Parody can be fair use (<http://www.law.cornell.edu/uscode/17/107.html>;
caution annoying interstitial) and protected internationally I gather but is
not always. The original costume probably could pass as a parody (or be deemed
personal use) and so be fair use whilst this comic-book image doesn't look
parodical it's just a commercially used derivative in a different media.

Adaptations of other's work (that use a "substantial part") are not allowed
without permission of the original creator.

Tracings? You think it's OK to duplicate someone else's copyright work as long
as you trace it? That's almost the definition of a slavish copy - like
considering copy-pasting the binary presentation of an MP3 to circumvent the
creators rights.

Marvel are presumably distributing this internationally? Remember that fair
use is a lot narrower in some non-USA jurisdictions.

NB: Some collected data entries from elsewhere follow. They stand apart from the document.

-- ===== src/Learning/Errors.antt =====
-- backend/src/lms/modules/learning/errors.py. The codes are the keys of `_PROBLEMS`, so the fallback
-- for an unknown code has nothing to stand for. `integrity_error` is the database's exception,
-- which is no `LearningError`.
use lawrence_ai_lms.Prelude.{ℕ, String, List, [], ◌∷◌, take}

pub record FieldError : Type 0 where
  pub path : String
  pub code : String
  pub detail : String

pub data ErrorCode : Type 0 where
  authentication_required tenant_context_required tenant_access_inactive : ErrorCode
  learning_resource_not_found enrollment_validation_failed progress_version_conflict : ErrorCode
  idempotency_conflict service_contract_error : ErrorCode

-- The HTTP status of each code.
unfoldable pub problem_status : ErrorCode → ℕ
problem_status authentication_required = 401
problem_status tenant_context_required = 400
problem_status tenant_access_inactive = 403
problem_status learning_resource_not_found = 404
problem_status enrollment_validation_failed = 422
problem_status progress_version_conflict = 409
problem_status idempotency_conflict = 409
problem_status service_contract_error = 500

pub data LearningError : Type 0 where
  learning_error : ErrorCode → List FieldError → LearningError
  integrity_error : LearningError

-- `LearningError(code)`
abbrev pub failure : ErrorCode → LearningError
failure code = learning_error code []

abbrev bounded : List FieldError → List FieldError
bounded [] =
    record { path = "$"; code = "invalid"; detail = "The learning request is invalid." } ∷ []
bounded (e ∷ es) = e ∷ take 99 es

abbrev pub validation_failed : List FieldError → LearningError
validation_failed errors = learning_error enrollment_validation_failed (bounded errors)
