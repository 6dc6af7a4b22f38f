-- ===== src/Graphql/Reads.antt =====
-- What is read after a mutation.
use omnivore_go.Prelude.{
  ℕ, Text, codes, text_eq, text_eq→eq, text_eq_refl, Bool, true, false, ◌&&◌, not, List, [], ◌∷◌,
  map, select, none, some, ◌≡◌, refl, sym, ◌∙◌, arith, Bool-cases, inl, inr,
}
use omnivore_go.Prelude.First.{first}
use omnivore_go.Graphql.Tables.{
  Highlight, LibraryItem, Store, Outside, Call, put_item, stored, micros_or_null, get_item,
  update_item, get_highlight, delete_highlight,
}
use omnivore_go.Graphql.Inputs.{success, given, written, if_owner, with_archived}
use omnivore_go.Graphql.Resolver.{signed_in, set_link_archived, remove_highlight}

abbrev pub is_own : Text → Text → LibraryItem → Bool
is_own user id r = text_eq r.id id && text_eq r.user_id user

first-put_item :
    (u id : Text) (row new : LibraryItem) (rows : List LibraryItem)
    → first (is_own u id) rows ≡ some row
    → new.id ≡ id
    → new.user_id ≡ u
    → first (is_own u id) (map (put_item u new) rows) ≡ some new
unfolding put_item
first-put_item u id row new [] e i o = absurd (cc)
first-put_item u id row new (r ∷ rs) e i o = elim (Bool-cases (is_own u id r)) [
  | inl own ↦
      let hit : (text_eq r.id new.id && text_eq r.user_id u) ≡ true = rw i own in
      let own_id : text_eq new.id id ≡ true = rw i (text_eq_refl id) in
      let own_user : text_eq new.user_id u ≡ true = rw o (text_eq_refl u) in
      rw (hit, own_id, own_user) refl
  | inr other ↦
      let miss : (text_eq r.id new.id && text_eq r.user_id u) ≡ false = rw i other in
      rw (miss, other) (first-put_item u id row new rs (rw other at e) i o)
]

first-own :
    (u id : Text) (row : LibraryItem) (rows : List LibraryItem)
    → first (is_own u id) rows ≡ some row
    → (row.id ≡ id) × (row.user_id ≡ u)
first-own u id row [] e = absurd (cc)
first-own u id row (r ∷ rs) e = elim (Bool-cases (is_own u id r)) [
  | inl own ↦
      let same : r ≡ row = cc (rw own at e) in
      rw (sym same)
        (text_eq→eq r.id id (ground (arith, own)), text_eq→eq r.user_id u (ground (arith, own)))
  | inr other ↦ first-own u id row rs (rw other at e)
]

first-select :
    (u id : Text) (h : Highlight) (hs : List Highlight)
    → first (λ r. text_eq r.id id) hs ≡ some h
    → text_eq h.user_id u ≡ false
    → first (λ r. text_eq r.id id) (select (λ r. not (text_eq r.id id && text_eq r.user_id u)) hs)
      ≡ some h
first-select u id h [] e foreign = absurd (cc)
first-select u id h (r ∷ rs) e foreign = elim (Bool-cases (text_eq r.id id)) [
  | inl hit ↦
      let same : r ≡ h = cc (rw hit at e) in
      let other : text_eq r.user_id u ≡ false = rw same foreign in
      rw (hit, other, hit) (rw hit at e)
  | inr miss ↦ rw (miss, miss) (first-select u id h rs (rw miss at e) foreign)
]

module _ (outside : Outside) where
  -- No call fails.
  abbrev pub IsUp : Type 0
  IsUp = (c : Call) (s : Store) → outside.fails c s ≡ false

  pub get_item-own :
      (u id : Text) (row : LibraryItem) (s : Store)
      → IsUp
      → get_item outside u id s ≡ some row
      → (first (is_own u id) s.items ≡ some row) × (row.id ≡ id) × (row.user_id ≡ u)
  unfolding get_item
  get_item-own u id row s up e =
      let found : first (is_own u id) s.items ≡ some row = rw (up Call.call_get_item s) at e in
      let (own, mine) = first-own u id row s.items found in (found, own, mine)

  abbrev pub updated : LibraryItem → Store → LibraryItem
  updated new s = record (stored outside new) { updated_at = outside.saved_now s }

  pub get_item-update_item :
      (u id : Text) (row new : LibraryItem) (s : Store)
      → IsUp
      → get_item outside u id s ≡ some row
      → new.id ≡ row.id
      → new.user_id ≡ row.user_id
      → ((update_item outside u new s).0 ≡ true)
        × (get_item outside u id (update_item outside u new s).1 ≡ some (updated new s))
  unfolding update_item get_item stored
  get_item-update_item u id row new s up e i o =
      let (found, own, mine) = get_item-own u id row s up e in
      let read = first-put_item u id row (updated new s) s.items found (i ∙ own) (o ∙ mine) in
      (simp (up), simp (up, read))

  archived-kept :
      (archived : Bool) (at : ℕ) (row : LibraryItem)
      → ((with_archived archived at row).id ≡ row.id)
        × ((with_archived archived at row).user_id ≡ row.user_id)
  unfolding with_archived
  archived-kept true at row = (refl, refl)
  archived-kept false at row = (refl, refl)

  set_link_archived-reads :
      (caller link u id : Text) (archived : Bool) (row : LibraryItem) (s : Store)
      → IsUp
      → outside.parse_uuid caller ≡ some u
      → outside.parse_uuid link ≡ some id
      → get_item outside u id s ≡ some row
      → get_item outside u id (set_link_archived outside (some caller) link archived s).1
        ≡ some (updated (with_archived archived (outside.now s) row) s)
  unfolding set_link_archived signed_in given if_owner written
  set_link_archived-reads caller link u id archived row s up known parsed found =
      let (same_id, same_user) = archived-kept archived (outside.now s) row in
      let (_, own, mine) = get_item-own u id row s up found in
      let (ok, read) =
        get_item-update_item u id row (with_archived archived (outside.now s) row) s up found
          same_id same_user in
      let owner : text_eq row.user_id u ≡ true = rw mine (text_eq_refl u) in
      simp (known, parsed, found, owner, ok, read)

  -- A link that is archived and then unarchived has the state SUCCEEDED, whatever state it had, and
  -- no time of archiving; all else but the time of the update is as it was, in the precision of the
  -- columns.
  pub set_link_archived-undo :
      (caller link u id : Text) (row : LibraryItem) (s : Store)
      → IsUp
      → outside.parse_uuid caller ≡ some u
      → outside.parse_uuid link ≡ some id
      → get_item outside u id s ≡ some row
      → let t = (set_link_archived outside (some caller) link true s).1 in
        get_item outside u id (set_link_archived outside (some caller) link false t).1
        ≡ some (record (stored outside row) {
          state = codes "SUCCEEDED";
          archived_at = none;
          updated_at = outside.saved_now t;
        })
  unfolding with_archived stored micros_or_null
  set_link_archived-undo caller link u id row s up known parsed found =
      let t = (set_link_archived outside (some caller) link true s).1 in
      let first_read = set_link_archived-reads caller link u id true row s up known parsed found in
      let second_read =
        set_link_archived-reads caller link u id false
          (updated (with_archived true (outside.now s) row) s) t up known parsed first_read in
      rw
        (
          ← outside.to_real-twice row.reading_progress_percent,
          ← outside.to_micros-twice row.saved_at,
        )
        second_read

  -- Who asks to delete another user's highlight is told that it is deleted and gets its text, and
  -- the highlight stays.
  pub remove_highlight-foreign :
      (caller u text id : Text) (h : Highlight) (s : Store)
      → IsUp
      → outside.parse_uuid caller ≡ some u
      → outside.parse_uuid text ≡ some id
      → get_highlight outside id s ≡ some h
      → text_eq h.user_id u ≡ false
      → ((remove_highlight outside (some caller) text s).0 ≡ success h)
        × (get_highlight outside id (remove_highlight outside (some caller) text s).1 ≡ some h)
  unfolding remove_highlight signed_in given written delete_highlight get_highlight
  remove_highlight-foreign caller u text id h s up known parsed found foreign =
      let here : first (λ r. text_eq r.id id) s.highlights ≡ some h =
        rw (up Call.call_get_highlight s) at found in
      let stays = first-select u id h s.highlights here foreign in
      (simp (known, parsed, here, up), simp (known, parsed, here, up, stays))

Lastly, is the owner of the convention photo copyright sure that this is a
copy of his image. Presumably others could have taken pictures of this guy at
the same time?

------
scotty79
I think that's the trouble with the intellectual property rights today.

You feel happy and thrilled that someone used something yours in something
good, but you are afraid that you are sucker for feeling that because course
of action that is touted as moral and right is to sue their asses.

------
iaskwhy
Can't you just be happy about it? I would...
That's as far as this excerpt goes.